Секретарь продолжил:
— Присутствовали: автор изобретения господин Раковски, помощник военного атташе России подполковник Муромцев, представитель Адмиралтейства капитан первого ранга Чандлер…
На этот раз секретаря перебил сам вице-консул:
— По просьбе вашего брата мы приготовили копию этого отчета. Прошу вас, — он протянул Холмсу лист бумаги.
Мой друг быстро пробежал глазами отчет, спрятал лист в карман и поспешно поднялся.
— Мы вам очень признательны, ваша светлость, — сказал он. — Нам пора. Время крайне ограниченно.
Граф тоже поднялся.
— Напротив, это мы признательны вам. Господин Раковски был русским подданным. Надеюсь, вы будете держать нас в курсе расследования, мистер Холмс.
Покинув консульство, мы с Холмсом (Майкрофт остался в кабинете вице-консула) наняли кэб и отправились в сторону старых доков. Но добраться нам не удалось. На одном из поворотов я вдруг услышал неясное восклицание, донесшееся с козел, и кэб остановился. Не успев сообразить, в чем дело, я почувствовал, как чьи-то сильные руки пытаются вытащить меня наружу. Мне удалось освободиться и выхватить револьвер.
Нападавшие — несколько отталкивающего вида китайцев в лохмотьях, вооруженные мощными дубинками, при виде револьвера остановились. Тут я услышал шум с другой стороны и, обернувшись, увидел, как такие же китайцы, но в большем количестве напали на моего друга. Один из них, подкравшись сзади, уже заносил дубинку. Я выстрелил в негодяя, но тут страшной силы удар обрушился на меня, и все погрузилось в темноту.

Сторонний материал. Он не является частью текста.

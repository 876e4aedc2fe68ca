-- ===== src/Ns/Registry.antt =====
-- The registry of src/ns.c: nodes and their servers.
use Prim.Native.Nat.{bit_and}
use qrtr.Base.{
  ℕ, ◌-◌, Bool, false, not, ◌&&◌, ◌||◌, Option, none, some, List, [], ◌∷◌, ◌++◌, ◌==◌,
  if◌then◌else◌, u32_mod,
}
use qrtr.Hash.{hash_u32}
use qrtr.Map.{
  Map, done, no_memory, out_of_fuel, map_create, map_get, map_put, map_reput, map_remove,
  map_update, map_for_each,
}
use qrtr.Packet.{Sockaddr}
use qrtr.Ns.State.{
  Server, Node, Lookup, ServerFilter, Ns, Env, Rc, ok, send_error, einval, enoent, bcast_sq,
  service_announce_new, service_announce_del, lookup_notify,
}

abbrev pub new_node : ℕ → Node
new_node node_id = record { id = node_id; services = map_create }

-- The state that `node_get` leaves, and the node, or `none` for NULL.
unfoldable pub node_get : Env → Ns → ℕ → Ns × Option Node
node_get env ns node_id = elim (map_get ns.nodes (hash_u32 node_id)) [
  | some node ↦ (ns, some node)
  | none ↦
      let put : Ns × Option Node =
        elim (map_put env.calloc_nodes ns.nodes (hash_u32 node_id) (some (new_node node_id))) [
          | done _ m ↦ (record ns { nodes = m }, some (new_node node_id))
          | no_memory m ↦ (record ns { nodes = m }, none)
          | out_of_fuel ↦ (ns, none)
        ] in
      if env.calloc_node node_id then put else (ns, none)
]

unfoldable pub server_match : Server → ServerFilter → Bool
server_match srv f =
    if not (f.service == 0) && not (srv.service == f.service)
    then false
    else bit_and srv.inst (if (f.ifilter == 0) && not (f.inst == 0) then u32_mod - 1 else f.ifilter)
      == f.inst

-- The inner loop of `server_query`.
unfoldable pub query_node : ServerFilter → Node → List Server → List Server
query_node f node list =
    map_for_each (λ _. node.services)
      (λ srv found. if server_match srv f then found ++ srv ∷ [] else found) list

-- The list of servers that the query replies with, in the order of the tables. The count that is
-- returned as well is not used by its callers and left out.
unfoldable pub server_query : Ns → ServerFilter → List Server
server_query ns f = map_for_each (λ _. ns.nodes) (query_node f) []

-- The services of a node that is in the map.
abbrev pub services_in : Option Node → Map Server
services_in none = map_create
services_in (some node) = node.services

abbrev pub services_of : Ns → ℕ → Map Server
services_of ns node_id = services_in (map_get ns.nodes (hash_u32 node_id))

-- A write to `node->services` through the node's pointer.
abbrev pub set_services : Ns → ℕ → Map Server → Ns
set_services ns node_id m = record ns {
  nodes = map_update ns.nodes (hash_u32 node_id) (λ node. record node { services = m });
}

-- One round of the loop of `annouce_servers`, which returns at the first announcement that fails.
unfoldable pub announce_next : Env → Sockaddr → Server → Ns × Rc → Ns × Rc
announce_next env sq srv (ns, ok n) =
    let (next, rc) = service_announce_new env ns sq srv in
    (next, elim rc [ ok _ ↦ ok 0 | send_error ↦ send_error | einval ↦ einval | enoent ↦ enoent ])
announce_next env sq srv (ns, send_error) = (ns, send_error)
announce_next env sq srv (ns, einval) = (ns, einval)
announce_next env sq srv (ns, enoent) = (ns, enoent)

unfoldable pub annouce_servers : Env → Ns → Sockaddr → Ns × Rc
annouce_servers env ns sq =
    let (ns', node) = node_get env ns ns.local_node in
    elim node [
      | none ↦ (ns', ok 0)
      | some n ↦ map_for_each (λ _. n.services) (announce_next env sq) (ns', ok 0)
    ]

-- The state that `server_add` leaves, and the new server, or `none` for NULL.
unfoldable pub server_add : Env → Ns → ℕ → ℕ → ℕ → ℕ → Ns × Option Server
server_add env ns service inst node_id port =
    let srv : Server = record { service = service; inst = inst; node = node_id; port = port } in
    let (ns', node) = node_get env ns node_id in
    let added : Ns × Option Server = elim node [
      | none ↦ (ns', none)
      | some n ↦ elim (map_reput env.calloc_services n.services (hash_u32 port) (some srv)) [
        | done _ m ↦ (set_services ns' node_id m, some srv)
        | no_memory m ↦ (set_services ns' node_id m, none)
        | out_of_fuel ↦ (ns', none)
      ]
    ] in
    if (service == 0) || (port == 0)
    then (ns, none)
    else if env.calloc_server
    then added
    else (ns, none)

-- An observer's lookup covers the server; 0 covers everything.
abbrev pub covers : Lookup → ℕ → ℕ → Bool
covers l service inst =
    not (not (l.service == 0) && not (l.service == service))
    && not (not (l.inst == 0) && not (l.inst == inst))

-- The loop over the lookups in `server_del` and `ctrl_cmd_new_server`.
unfoldable pub notify_observers : Env → Ns → Server → Bool → List Lookup → Ns
notify_observers env ns srv new [] = ns
notify_observers env ns srv new (l ∷ ls) =
    notify_observers env
      (if covers l srv.service srv.inst then (lookup_notify env ns l.sq (some srv) new).0 else ns)
      srv new ls

-- `node` is the node that the map holds for this id.
unfoldable pub server_del : Env → Ns → ℕ → ℕ → Ns × Rc
server_del env ns node_id port = elim (map_get (services_of ns node_id) (hash_u32 port)) [
  | none ↦ (ns, enoent)
  | some srv ↦
      let removed =
        set_services ns node_id (map_remove (services_of ns node_id) (hash_u32 port)).0 in
      let told =
        if srv.node == ns.local_node
        then (service_announce_del env removed bcast_sq srv).0
        else removed in
      (notify_observers env told srv false ns.lookups, ok 0)
]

Я пришел в себя в нашей квартире на Бейкер-стрит. Вскоре сознание вернулось ко мне настолько, что я узнал свою спальню, расположенную во втором этаже, письменный стол, уставленный рукописями и медицинскими инструментами. На голове моей лежал пузырь со льдом, а рядом хлопотала верная миссис Хадсон, подсовывая под нос флакончик с нюхательной солью. Я осторожно, но решительно отвел ее руку и сказал:
— Миссис Хадсон, нюхательная соль больше подходит для нервных барышень, симулирующих обмороки…
Вышло не очень убедительно, потому что я едва ворочал языком, голос мой был слаб и голова болела, но во всем остальном я чувствовал себя не так плохо для человека, получившего хороший удар дубинкой по затылку.

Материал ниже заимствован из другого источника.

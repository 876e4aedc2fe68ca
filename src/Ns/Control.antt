-- ===== src/Ns/Control.antt =====
-- The control port of src/ns.c: a handler for each command, and the dispatch.
use qrtr.Base.{
  ℕ, Bool, true, false, not, ◌&&◌, Option, none, some, List, [], ◌∷◌, ◌++◌, ltb, ◌==◌,
  if◌then◌else◌, length,
}
use qrtr.Map.{Map, map_create, map_for_each}
use qrtr.Packet.{
  Sockaddr, CtrlPkt, zero_pkt, le32_to_cpu, type_hello, type_bye, type_new_server, type_del_server,
  type_del_client, type_new_lookup, type_del_lookup,
}
use qrtr.Ns.State.{
  Server, Lookup, ServerFilter, ctrl, bytes, Message, Ns, Env, Rc, ok, send_error, einval, enoent,
  bcast_sq, emit, service_announce_new, lookup_notify,
}
use qrtr.Ns.Registry.{
  node_get, server_query, services_of, annouce_servers, server_add, notify_observers, server_del,
}

-- A received packet: its sender, its bytes, and the packet at the start of the buffer.
pub record Datagram : Type 0 where
  pub from : Sockaddr
  pub received : List ℕ
  pub msg : CtrlPkt

unfoldable pub ctrl_cmd_hello : Env → Ns → Sockaddr → List ℕ → Ns × Rc
ctrl_cmd_hello env ns sq buf =
    let m : Message = record { to = sq; payload = bytes buf } in
    elim (env.sendto m) [
      | none ↦ (emit ns m, send_error)
      | some n ↦ if ltb 0 n then annouce_servers env (emit ns m) sq else (emit ns m, ok 0)
    ]

-- A packet to every server of a table: the loops at the end of `ctrl_cmd_bye` and
-- `ctrl_cmd_del_client`.
abbrev pub server_msg : CtrlPkt → Server → Message
server_msg pkt srv = record { to = record { node = srv.node; port = srv.port }; payload = ctrl pkt }

unfoldable pub tell_servers : Ns → CtrlPkt → Map Server → Ns
tell_servers ns pkt services =
    map_for_each (λ _. services) (λ srv s. emit s (server_msg pkt srv)) ns

-- The end of both handlers: the packet goes to every local server.
unfoldable pub tell_local : Env → Ns → ℕ → CtrlPkt → Ns × Rc
tell_local env ns local_node pkt =
    let (end, node) = node_get env ns local_node in
    elim node [ none ↦ (end, ok 0) | some n ↦ (tell_servers end pkt n.services, ok 0) ]

-- The loop of `ctrl_cmd_bye` that removes every server of a node.
unfoldable pub remove_servers : Env → Ns → ℕ → Ns
remove_servers env ns node_id =
    map_for_each (λ s. services_of s node_id) (λ srv s. (server_del env s node_id srv.port).0) ns

abbrev pub bye_pkt : ℕ → CtrlPkt
bye_pkt node_id = record zero_pkt { cmd = type_bye; word0 = node_id }

unfoldable pub ctrl_cmd_bye : Env → Ns → Sockaddr → Ns × Rc
ctrl_cmd_bye env ns from =
    let (ns', node) = node_get env ns from.node in
    elim node [
      | none ↦ (ns', ok 0)
      | some _ ↦ tell_local env (remove_servers env ns' from.node) ns.local_node (bye_pkt from.node)
    ]

-- The lookups that a client leaves behind are removed.
unfoldable pub remove_client_lookups : ℕ → ℕ → List Lookup → List Lookup
remove_client_lookups node_id port [] = []
remove_client_lookups node_id port (l ∷ ls) =
    let rest = remove_client_lookups node_id port ls in
    if not (l.sq.node == node_id)
    then l ∷ rest
    else if not (l.sq.port == port)
    then l ∷ rest
    else rest

-- The code sends the whole packet, and sets only its first three words.
abbrev pub del_client_pkt : Env → ℕ → ℕ → CtrlPkt
del_client_pkt env node_id port = record {
  cmd = type_del_client;
  word0 = node_id;
  word1 = port;
  word2 = env.stack2;
  word3 = env.stack3;
}

unfoldable pub ctrl_cmd_del_client : Env → Ns → Sockaddr → ℕ → ℕ → Ns × Rc
ctrl_cmd_del_client env ns from node_id port =
    let kept = record ns { lookups = remove_client_lookups node_id port ns.lookups } in
    let (ns', node) = node_get env kept node_id in
    let gone : Ns = elim node [ none ↦ ns' | some _ ↦ (server_del env ns' node_id port).0 ] in
    let told = tell_local env gone ns.local_node (del_client_pkt env node_id port) in
    if not (from.node == node_id)
    then (ns, einval)
    else if (from.node == ns.local_node) && not (from.port == port)
    then (ns, einval)
    else told

-- Where a local client speaks, the node and the port of its address count.
abbrev pub claimed_node : Ns → Sockaddr → ℕ → ℕ
claimed_node ns from node_id = if from.node == ns.local_node then from.node else node_id

abbrev pub claimed_port : Ns → Sockaddr → ℕ → ℕ
claimed_port ns from port = if from.node == ns.local_node then from.port else port

unfoldable pub ctrl_cmd_new_server : Env → Ns → Sockaddr → ℕ → ℕ → ℕ → ℕ → Ns × Rc
ctrl_cmd_new_server env ns from service inst node_id port =
    let node_id' = claimed_node ns from node_id in
    let (ns', srv) = server_add env ns service inst node_id' (claimed_port ns from port) in
    let added : Ns × Rc = elim srv [
      | none ↦ (ns', einval)
      | some s ↦
          let (told, rc) =
            let announced = service_announce_new env ns' bcast_sq s in
            if s.node == ns.local_node then announced else (ns', ok 0) in
          (notify_observers env told s true ns.lookups, rc)
    ] in
    if not (from.node == node_id') then (ns, einval) else added

unfoldable pub ctrl_cmd_del_server : Env → Ns → Sockaddr → ℕ → ℕ → ℕ → ℕ → Ns × Rc
ctrl_cmd_del_server env ns from service inst node_id port =
    let node_id' = claimed_node ns from node_id in
    let port' = claimed_port ns from port in
    let (ns', node) = node_get env ns node_id' in
    let deleted : Ns × Rc = elim node [
      | none ↦ (ns', enoent)
      | some _ ↦ server_del env ns' node_id' port'
    ] in
    if not (from.node == node_id')
    then (ns, einval)
    else if (from.node == ns.local_node) && not (from.port == port')
    then (ns, einval)
    else deleted

abbrev pub lookup_filter : ℕ → ℕ → ServerFilter
lookup_filter service inst = record { service = service; inst = inst; ifilter = 0 }

-- The replies to a lookup, one packet for each server.
unfoldable pub notify_servers : Env → Ns → Sockaddr → List Server → Ns
notify_servers env ns to [] = ns
notify_servers env ns to (s ∷ ss) =
    notify_servers env (lookup_notify env ns to (some s) true).0 to ss

unfoldable pub ctrl_cmd_new_lookup : Env → Ns → Sockaddr → ℕ → ℕ → Ns × Rc
ctrl_cmd_new_lookup env ns from service inst =
    let lookup : Lookup = record { service = service; inst = inst; sq = from } in
    let watching = record ns { lookups = ns.lookups ++ lookup ∷ [] } in
    let replied =
      notify_servers env watching from (server_query watching (lookup_filter service inst)) in
    if not (from.node == ns.local_node)
    then (ns, einval)
    else if env.calloc_lookup
    then ((lookup_notify env replied from none true).0, ok 0)
    else (ns, einval)

-- The lookup is one that the client asks to remove.
abbrev pub is_cancelled : Sockaddr → ℕ → ℕ → Lookup → Bool
is_cancelled from service inst l =
    (l.sq.node == from.node)
    && (l.sq.port == from.port)
    && (l.service == service)
    && not (not (l.inst == 0) && not (l.inst == inst))

unfoldable pub remove_lookups : Sockaddr → ℕ → ℕ → List Lookup → List Lookup
remove_lookups from service inst [] = []
remove_lookups from service inst (l ∷ ls) =
    let rest = remove_lookups from service inst ls in
    if is_cancelled from service inst l then rest else l ∷ rest

unfoldable pub ctrl_cmd_del_lookup : Env → Ns → Sockaddr → ℕ → ℕ → Ns × Rc
ctrl_cmd_del_lookup env ns from service inst =
    (record ns { lookups = remove_lookups from service inst ns.lookups }, ok 0)

-- The `switch` of `ctrl_port_fn`.
unfoldable pub dispatch : Env → Ns → Datagram → Ns × Rc
dispatch env ns d =
    let cmd = le32_to_cpu env.host d.msg.cmd in
    let word0 = le32_to_cpu env.host d.msg.word0 in
    let word1 = le32_to_cpu env.host d.msg.word1 in
    let word2 = le32_to_cpu env.host d.msg.word2 in
    let word3 = le32_to_cpu env.host d.msg.word3 in
    if cmd == type_hello
    then ctrl_cmd_hello env ns d.from d.received
    else if cmd == type_bye
    then ctrl_cmd_bye env ns d.from
    else if cmd == type_del_client
    then ctrl_cmd_del_client env ns d.from word0 word1
    else if cmd == type_new_server
    then ctrl_cmd_new_server env ns d.from word0 word1 word2 word3
    else if cmd == type_del_server
    then ctrl_cmd_del_server env ns d.from word0 word1 word2 word3
    else if cmd == type_new_lookup
    then ctrl_cmd_new_lookup env ns d.from word0 word1
    else if cmd == type_del_lookup
    then ctrl_cmd_del_lookup env ns d.from word0 word1
    else (ns, ok 0)

-- `none` is an error of `recvfrom`; the server then closes its socket, as for a packet of no bytes.
unfoldable pub ctrl_port_fn : Env → Ns → Option Datagram → Ns
ctrl_port_fn env ns none = record ns { sock = false }
ctrl_port_fn env ns (some d) =
    if length d.received == 0
    then record ns { sock = false }
    else if ltb (length d.received) 4
    then ns
    else (dispatch env ns d).0

-- What `main` starts from: no lookups, no nodes, and an open socket.
unfoldable pub start : ℕ → Ns
start local_node = record {
  sock = true;
  local_node = local_node;
  lookups = [];
  nodes = map_create;
  sent = [];
}

-- The loop of `main`, over the packets that arrive: `while (ctx.sock >= 0)`.
unfoldable pub serve : Ns → List (Env × Option Datagram) → Ns
serve ns [] = ns
serve ns ((env, d) ∷ ds) =
    let rest = serve (ctrl_port_fn env ns d) ds in if ns.sock then rest else ns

Наша добрая хозяйка помогла мне приподняться и сесть на кровати. Глядя на озабоченное лицо миссис Хадсон, я улыбнулся и сказал — на этот раз почти нормальным голосом:
— А для мужчины, дорогая миссис Хадсон, лучше всякой нюхательной соли подойдет стаканчик вашего доброго виски! Или бренди.
Лицо миссис Хадсон прояснилось. Нюхательная соль тотчас была отставлена в сторону, пузырь со льдом тоже, и наша замечательная хозяйка почти бегом отправилась выполнять мою просьбу.
— Вам принести в спальню, доктор? — крикнула она снизу. — Или вы спуститесь?
— Спущусь, конечно, спущусь! — откликнулся я. — Я прекрасно себя чувствую!
В действительности мои слова были некоторым преувеличением — головокружение заставляло меня двигаться медленнее и осторожнее, а в области затылочной опухоли пульсировала тупая ноющая боль. Но мне совсем не улыбалось валяться в постели в такое время.
— Мистер Холмс очень беспокоился о вашем состоянии, — сообщила миссис Хадсон, когда я появился на лестнице. — Только убедившись, что с вашей головой все в порядке и никаких следов, кроме большой шишки, не осталось, он отправился по своим делам.